And now for MB traits. Again, from most valuable to least valuable for getting a job. Both Meyers and Briggs would tell me that I'm doing it wrong, that all people actually have all eight traits but that the test measures preference, and that all types are equal, but I have noticed a trend to prefer certain traits over others. Still, as a nod to Mr. Meyers and Ms. Briggs, I will note what would happen if a company was devoid of one particular trait.

* Extroversion
An extroverted person loves to talk to people and meet them and discuss things. They feel sad and unimportant if they have no one to talk to. The highest paying position require this trait. It is countered by Introversion. A company that lacked this trait entirely would be a dysfunctional group that navel-stared excessively. Marketing could not function, leading to a quick financial death.

* Sensing
Sensing people prefer to look at the little details instead of the big picture. This helps them maintain accuracy, and avoid error. Sensing people are called that because they tend to prefer to have direct tangible evidence for a proposition, instead of the indirect logic preferred by their counterpart, the Intuitive. A company that lacked this trait would be bogged down by series of small errors that quickly grew into massive problems because nobody noticed.

* Feeling
Feeling people are somewhat empathic, concerned with the feelings of other people and themselves.
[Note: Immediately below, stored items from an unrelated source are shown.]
-- ===== src/NodeRelay.antt =====
-- execute/node_relay.py: shards travel from scratch over NFS staging to scratch.
pub mod Laws
pub mod Backend
mod Tests
use graph_extraction.Base.{ℕ, ◌≡◌, Bool, true, false, ◌&&◌, Option, none, some, if◌then◌else◌, ◌==◌}

-- The directories that a path of this module can lie under: a node's scratch (a `dest_dir`),
-- `PROJECT_ROOT` and `STAGING_ROOT`.
pub data Root : Type 0 where
  scratch project staging : Root

abbrev pub same_root : Root → Root → Bool
same_root scratch scratch = true
same_root project project = true
same_root staging staging = true
same_root _ _ = false

-- `os.path.join(root, virtual_path)`, with the virtual paths numbered, or the file
-- `<path>.tmp.<pid>` beside it.
pub record FilePath : Type 0 where
  pub root : Root
  pub virtual_path : ℕ
  pub temporary : Bool

abbrev pub under : Root → ℕ → FilePath
under r v = record { root = r; virtual_path = v; temporary = false }

abbrev pub tmp_of : FilePath → FilePath
tmp_of p = record p { temporary = true }

abbrev pub same_bool : Bool → Bool → Bool
same_bool true b = b
same_bool false true = false
same_bool false false = true

unfoldable pub same_path : FilePath → FilePath → Bool
same_path p q =
    same_root p.root q.root
    && ((p.virtual_path == q.virtual_path) && same_bool p.temporary q.temporary)

abbrev pub FileSystem : Type 0 → Type 0
FileSystem F = FilePath → Option F

abbrev pub write : {F : Type 0} → FilePath → Option F → FileSystem F → FileSystem F
write p o fs q = if same_path p q then o else fs q

abbrev pub exists : {F : Type 0} → Option F → Bool
exists none = false
exists (some f) = true

pub data Error : Type 0 where
  called_process_error file_not_found : Error

pub data Outcome (F A : Type 0) : Type 0 where
  ok : A → FileSystem F → Outcome F A
  raised : Error → FileSystem F → Outcome F A

-- One run of `rsync -a src tmp`: whether it exits with 0, and what stands at `tmp` afterwards, from
-- what stands at `src`. It is not in the repository; `IsCopy` is what its exit status means.
abbrev pub Rsync : Type 0 → Type 0
Rsync F = Option F → record { success : Bool; left : Option F }

pub record IsCopy {F : Type 0} (rsync : Rsync F) : Type 0 where
  pub copied :
      (src : Option F)
      → (rsync src).success ≡ true
      → (f : F) × (src ≡ some f) × ((rsync src).left ≡ some f)

abbrev pub staging_path : ℕ → FilePath
staging_path v = under staging v

-- Where a pulled file goes: the flag says whether a `dest_dir` is given. Without one the path is
-- taken relative to the project's root, where the programs run.
abbrev pub local_path : Bool → ℕ → FilePath
local_path true v = under scratch v
local_path false v = under project v

module _ {F : Type 0} where
  -- `remote_exists`
  abbrev pub remote_exists : ℕ → FileSystem F → Bool
  remote_exists v fs = exists (fs (staging_path v))

  -- `_rsync`: a copy to `tmp_dst`, then `os.replace(tmp_dst, dst)`.
  unfoldable pub rsync_file : Rsync F → FilePath → FilePath → FileSystem F → Outcome F (Unit {0})
  rsync_file rsync src dst fs =
      let run = rsync (fs src) in
      let fs' : FileSystem F = write (tmp_of dst) run.left fs in
      if run.success
      then ok tt (write (tmp_of dst) none (write dst run.left fs'))
      else raised called_process_error fs'

  abbrev remove_if : Bool → FilePath → Outcome F (Unit {0}) → Outcome F (Unit {0})
  remove_if true p (ok a fs) = ok a (write p none fs)
  remove_if false p (ok a fs) = ok a fs
  remove_if b p (raised e fs) = raised e fs

  -- `push(path, virtual_path, auto_delete)`
  unfoldable pub push : Rsync F → FilePath → ℕ → Bool → FileSystem F → Outcome F (Unit {0})
  unfolding rsync_file
  push rsync path v auto_delete fs =
      remove_if auto_delete path (rsync_file rsync path (staging_path v) fs)

  abbrev pulled : FilePath → Outcome F (Unit {0}) → Outcome F FilePath
  pulled p (ok _ fs) = ok p fs
  pulled p (raised e fs) = raised e fs

  -- `ensure_local(virtual_path, dest_dir)`
  unfoldable pub ensure_local : Rsync F → ℕ → Bool → FileSystem F → Outcome F FilePath
  unfolding rsync_file
  ensure_local rsync v dest_dir fs =
      if exists (fs (local_path dest_dir v))
      then ok (local_path dest_dir v) fs
      else if dest_dir && exists (fs (under project v))
      then ok (under project v) fs
      else if exists (fs (staging_path v))
      then pulled (local_path dest_dir v)
          (rsync_file rsync (staging_path v) (local_path dest_dir v) fs)
      else raised file_not_found fs
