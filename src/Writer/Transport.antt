-- ===== src/Writer/Transport.antt =====
-- What the writer and the loader use of a backend (execute/node_relay.py or
-- execute/remote_storage.py): an upload through the pusher, and `ensure_local`. Files are named by
-- their shard's number: under the layer's scratch directory, and under `<layer_key>/` in the store.
use graph_extraction.Base.{ℕ, ◌≡◌, Bool, Option, none, some, if◌then◌else◌}
use graph_extraction.Base.Dict.{Files, update}

pub record Disk (F : Type 0) : Type 0 where
  pub scratch : Files F
  pub store : Files F

-- The disk after the file `f` at `local` has reached the store under `remote`.
abbrev pub uploaded : {F : Type 0} → Bool → ℕ → ℕ → F → Disk F → Disk F
uploaded auto_delete local remote f d = record {
  scratch = if auto_delete then update d.scratch local none else d.scratch;
  store = update d.store remote (some f);
}

pub record Transport (F : Type 0) : Type 0 where
  -- Runs upload number `ticket` to its end; `none` is an exception from `future.result()`.
  pub push : (ticket : ℕ) (force auto_delete : Bool) (local remote : ℕ) → Disk F → Option (Disk F)
  -- `none` is an exception; else the file at the path that is returned, and the disk.
  pub ensure_local : ℕ → Disk F → Option (F × Disk F)

pub record IsReliable {F : Type 0} (T : Transport F) : Type 0 where
  pub push-some :
      (ticket : ℕ) (force auto_delete : Bool) (local remote : ℕ) (d d' : Disk F)
      → T.push ticket force auto_delete local remote d ≡ some d'
      → (f : F) × (d.scratch local ≡ some f) × (d' ≡ uploaded auto_delete local remote f d)
  -- A copy on scratch is used as it is.
  pub ensure_local_present :
      (v : ℕ) (d : Disk F) (f : F) → d.scratch v ≡ some f → T.ensure_local v d ≡ some (f, d)
  pub ensure_local_pulled :
      (v : ℕ) (d : Disk F) (f : F)
      → d.scratch v ≡ none
      → d.store v ≡ some f
      → T.ensure_local v d ≡ some (f, record d { scratch = update d.scratch v (some f) })

-- A backend whose loader finds some files in the project's tree, and uses them where they are.
pub record IsBackend {F : Type 0} (copies : Files F) (T : Transport F) : Type 0 where
  pub push-some :
      (ticket : ℕ) (force auto_delete : Bool) (local remote : ℕ) (d d' : Disk F)
      → T.push ticket force auto_delete local remote d ≡ some d'
      → (f : F) × (d.scratch local ≡ some f) × (d' ≡ uploaded auto_delete local remote f d)
  pub ensure_local_present :
      (v : ℕ) (d : Disk F) (f : F) → d.scratch v ≡ some f → T.ensure_local v d ≡ some (f, d)
  pub ensure_local_copied :
      (v : ℕ) (d : Disk F) (f : F)
      → d.scratch v ≡ none
      → copies v ≡ some f
      → T.ensure_local v d ≡ some (f, d)
  pub ensure_local_pulled :
      (v : ℕ) (d : Disk F) (f : F)
      → d.scratch v ≡ none
      → copies v ≡ none
      → d.store v ≡ some f
      → T.ensure_local v d ≡ some (f, record d { scratch = update d.scratch v (some f) })
  pub ensure_local_missing :
      (v : ℕ) (d : Disk F)
      → d.scratch v ≡ none
      → copies v ≡ none
      → d.store v ≡ none
      → T.ensure_local v d ≡ none

-- Without such files it is reliable.
pub IsBackend-IsReliable :
    {F : Type 0} (copies : Files F) (T : Transport F)
    → IsBackend copies T
    → ((v : ℕ) → copies v ≡ none)
    → IsReliable T
IsBackend-IsReliable copies T B nowhere = record {
  push-some = B.push-some;
  ensure_local_present = B.ensure_local_present;
  ensure_local_pulled = λ v d f x y. B.ensure_local_pulled v d f x (nowhere v) y;
}
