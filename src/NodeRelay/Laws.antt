-- ===== src/NodeRelay/Laws.antt =====
-- What a push and a pull leave on the file system, whether they succeed or fail.
use graph_extraction.Base.{
  ℕ, ◌≡◌, ◌↔◌, ◌&&◌, Bool, true, false, none, some, Bool-cases, inl, inr, if◌then◌else◌, arith,
}
use graph_extraction.NodeRelay.{
  scratch, project, FilePath, under, same_path, FileSystem, exists, local_path, Error,
  called_process_error, file_not_found, ok, raised, Rsync, IsCopy, staging_path, remote_exists,
  push, ensure_local,
}

module _ {F : Type 0} (rsync : Rsync F) (C : IsCopy rsync) where
  -- A push that succeeds: the staged file is the local one, which is gone exactly if `auto_delete`
  -- is set, and no other file has changed.
  pub push-ok :
      (l v : ℕ) (auto_delete : Bool) (fs fs' : FileSystem F)
      → push rsync (under scratch l) v auto_delete fs ≡ ok tt fs'
      → (f : F) × (fs (under scratch l) ≡ some f)
        × (fs' (staging_path v) ≡ some f)
        × (fs' (under scratch l) ≡ (if auto_delete then none else some f))
        × ((q : FilePath)
            → q.temporary ≡ false
            → same_path (staging_path v) q ≡ false
            → same_path (under scratch l) q ≡ false
            → fs' q ≡ fs q)
  unfolding push same_path
  push-ok l v auto_delete fs fs' h = elim (Bool-cases (rsync (fs (under scratch l))).success) [
    | inl s ↦
        let (f, x, y) = C.copied (fs (under scratch l)) s in
        (f, x, ground (arith, s, y), ground (arith, s, y, x), λ q t a b. ground (arith, s))
    | inr s ↦ absurd (ground (arith, s))
  ]

  -- A push that fails has changed no file but the temporary one: whatever was staged before is
  -- still whole, and the local file is there.
  pub push-raised :
      (l v : ℕ) (auto_delete : Bool) (fs fs' : FileSystem F) (e : Error)
      → push rsync (under scratch l) v auto_delete fs ≡ raised e fs'
      → (e ≡ called_process_error) × ((q : FilePath) → q.temporary ≡ false → fs' q ≡ fs q)
  unfolding push same_path
  push-raised l v auto_delete fs fs' e h =
      elim (Bool-cases (rsync (fs (under scratch l))).success) [
        | inl s ↦ absurd (ground (arith, s))
        | inr s ↦ (ground (arith, s), λ q t. ground (arith, s))
      ]

  -- When `ensure_local` returns a path, a file is there: the local one if there was one, else
  -- the project's, else the staged one.
  pub ensure_local-ok :
      (v : ℕ) (dest_dir : Bool) (fs fs' : FileSystem F) (p : FilePath)
      → ensure_local rsync v dest_dir fs ≡ ok p fs'
      → fs' p ≡ (
          if exists (fs (local_path dest_dir v))
          then fs (local_path dest_dir v)
          else if dest_dir && exists (fs (under project v))
          then fs (under project v)
          else fs (staging_path v))
  unfolding ensure_local same_path
  ensure_local-ok v true fs fs' p h = elim (Bool-cases (rsync (fs (staging_path v))).success) [
    | inl s ↦ let (f, x, y) = C.copied (fs (staging_path v)) s in ground (arith, s, y, x)
    | inr s ↦ ground (arith, s)
  ]
  ensure_local-ok v false fs fs' p h = elim (Bool-cases (rsync (fs (staging_path v))).success) [
    | inl s ↦ let (f, x, y) = C.copied (fs (staging_path v)) s in ground (arith, s, y, x)
    | inr s ↦ ground (arith, s)
  ]

  -- It reports a missing file exactly when the file is in none of the places it looks at.
  pub ensure_local-file_not_found :
      (v : ℕ) (dest_dir : Bool) (fs : FileSystem F)
      → (ensure_local rsync v dest_dir fs ≡ raised file_not_found fs) ↔ (
          (exists (fs (local_path dest_dir v)) ≡ false)
          × ((dest_dir && exists (fs (under project v))) ≡ false)
          × (remote_exists v fs ≡ false))
  unfolding ensure_local
  ensure_local-file_not_found v dest_dir fs = (λ h. ground (arith, h), λ h. ground (arith, h))

  -- A file pushed from one node is pulled with the same content on another, whose scratch and
  -- project have no copy of it: the staging area is all that the two file systems share.
  pub ensure_local-push :
      (l v : ℕ) (auto_delete dest_dir : Bool) (fs fs' there there' : FileSystem F) (p : FilePath)
      → push rsync (under scratch l) v auto_delete fs ≡ ok tt fs'
      → there (staging_path v) ≡ fs' (staging_path v)
      → there (under scratch v) ≡ none
      → there (under project v) ≡ none
      → ensure_local rsync v dest_dir there ≡ ok p there'
      → there' p ≡ fs (under scratch l)
  ensure_local-push l v auto_delete dest_dir fs fs' there there' p h shared a b q =
      let (f, x, y, left, others) = push-ok l v auto_delete fs fs' h in
      ground (arith, ensure_local-ok v dest_dir there there' p q, x, y)
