-- ===== src/Thread/Queue/Tests.antt =====
-- A task queue of two workers: started, given package 5, which its thread hands to the first worker.
use strange_io.Common.{
  ℕ, ◌≤◌, ◌≡◌, ◌≢◌, refl, true, none, some, [], ◌∷◌, ◌++◌, map, length, get_elem?, arith,
}
use strange_io.Thread.Pump.{get_load}
use strange_io.Thread.Worker.{
  WorkerState, started, awake, wait_worker, is_waiting, assign_package, run_worker,
}
use strange_io.Thread.Worker.Handover.{AllButLast}
use strange_io.Thread.Queue.{
  TaskQueue, scanning, owning_at, assigned_at, new_queue, set_queue_size, start_queue, add_task,
  set_running, set_thread, loop_queue, take_queue, cycle_step, own_wait, posts, sets_running,
  cycles, works,
}
use strange_io.Thread.Queue.Inv.{given_to, held}
use strange_io.Thread.Queue.Order.{
  QueueReached, begun, moved, QueueReached-order, QueueReached-in_bounds,
}

abbrev queue_started : TaskQueue ℕ
queue_started = start_queue (new_queue 2)

abbrev queue_waiting : TaskQueue ℕ
queue_waiting = set_thread 0 (wait_worker started) queue_started

abbrev queue_posted : TaskQueue ℕ
queue_posted = add_task 5 queue_waiting

abbrev queue_running : TaskQueue ℕ
queue_running = set_running true queue_posted

abbrev queue_passed : TaskQueue ℕ
queue_passed = loop_queue queue_running

abbrev queue_scanning : TaskQueue ℕ
queue_scanning = take_queue queue_passed

abbrev queue_owning : TaskQueue ℕ
queue_owning = record (set_thread 0 (is_waiting (wait_worker started)) queue_scanning) {
  point = owning_at 0;
}

abbrev queue_handed : TaskQueue ℕ
queue_handed =
    record (set_thread 0 (assign_package 5 (is_waiting (wait_worker started))) queue_owning) {
      raw_pkg = none;
      point = assigned_at 0;
      handed = (0, 5) ∷ [];
    }

queue_scanning-QueueReached : QueueReached 2 queue_scanning
unfolding start_queue new_queue set_thread wait_worker add_task set_running loop_queue take_queue
    cycle_step
queue_scanning-QueueReached =
    moved queue_passed queue_scanning
      (moved queue_running queue_passed
        (moved queue_posted queue_running
          (moved queue_waiting queue_posted
            (moved queue_started queue_waiting begun
              (works 0 started (wait_worker started) refl (own_wait refl)))
            (posts 5))
          sets_running)
        (cycles queue_passed refl))
      (cycles queue_scanning refl)

queue_handed-QueueReached : QueueReached 2 queue_handed
unfolding start_queue new_queue set_thread wait_worker add_task set_running loop_queue take_queue
    cycle_step is_waiting assign_package
queue_handed-QueueReached =
    moved queue_owning queue_handed
      (moved queue_scanning queue_owning queue_scanning-QueueReached (cycles queue_owning refl))
      (cycles queue_handed refl)

queue_handed_size : queue_handed.size ≤ 2
unfolding start_queue new_queue set_thread wait_worker add_task set_running loop_queue take_queue
queue_handed_size = omega arith

-- A size above the number of workers: past the last one `assign` leaves the vector.
resized_past_end : cycle_step (record (set_queue_size 5 queue_handed) { point = scanning 2 }) ≡ none
unfolding start_queue new_queue set_thread wait_worker add_task set_running loop_queue take_queue
    cycle_step set_queue_size
resized_past_end = refl

QueueReached-order_example :
    (queue_handed.posted
      ≡ map (λ h. h.1) queue_handed.handed
        ++ (held queue_handed.raw_pkg ++ queue_handed.pump.queue))
    × (get_load queue_handed.pump ≡ length queue_handed.pump.queue)
    × ((i : ℕ) (w : WorkerState ℕ)
        → get_elem? queue_handed.pool.threads i ≡ some w
        → (w.given ≡ given_to i queue_handed.handed) × AllButLast w)
QueueReached-order_example = QueueReached-order 2 queue_handed queue_handed-QueueReached

QueueReached-in_bounds_example :
    (length queue_handed.pool.threads ≡ 2)
    × ((q' : TaskQueue ℕ) × (cycle_step queue_handed ≡ some q'))
    × ((i : ℕ) (w : WorkerState ℕ)
        → get_elem? queue_handed.pool.threads i ≡ some w
        → w.process ≡ awake
        → given_to i queue_handed.handed ≢ []
        → (w' : WorkerState ℕ) × (run_worker w ≡ some w'))
QueueReached-in_bounds_example =
    QueueReached-in_bounds 2 queue_handed queue_handed-QueueReached queue_handed_size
They tend towards artistic natures, and work hard to maintain group morale. The opposing trait is Thinking. A company lacking this trait would degenerate into perpetual office politics and trolling, and nothing useful could get done. Also, everyone would drive each other completely insane.

* Thinking
Thinking people prefer a detached style, logically considering every situation from the outside. Their style is quite useful for detecting maladaptive patterns. The opposing trait is Feeling. A company lacking this trait would waste all its time on touchy-feely exercises and never contribute useful work. (Although the workers would be remarkably sane.)

* Intuitive
The Intuitive like abstractions, the large picture, and eschew details. This helps them stay on track, as the little details would drive them mad from micromanagement. They are best convinced with an abstract and logical argument for a proposition, revolving around principles. The opposite trait is Sensing. A company lacking this trait would be unable to see a project through, as it obsessed on the small details to the detriment of the rest of the project.

* Judging
Judging types want to come to a snap decision, now. If it is the right decision, awesome. If it is the wrong decision, uh oh. A company of pure judgers would be massively impulsive, probably pathologically so. It is opposed by perceiving.

* Perceiving
Perceiving types want to delay decision making until all the information is available to them. This decision will therefore certainly be right. A company of pure perceivers would die of analysis paralysis. It is opposed by judging.

* Introversion
Introverted people want to reflect and do things by themselves. It may come last on this list, but a company starts to need introverts when it has more than 5 or so people. Pure extroverts would die of boredom doing the kind of things that introverts do. Accounting and research especially. A company lacking introverts would be easily out-competed.

For my readers: If you dislike your trait-measurements, how would you adjust them?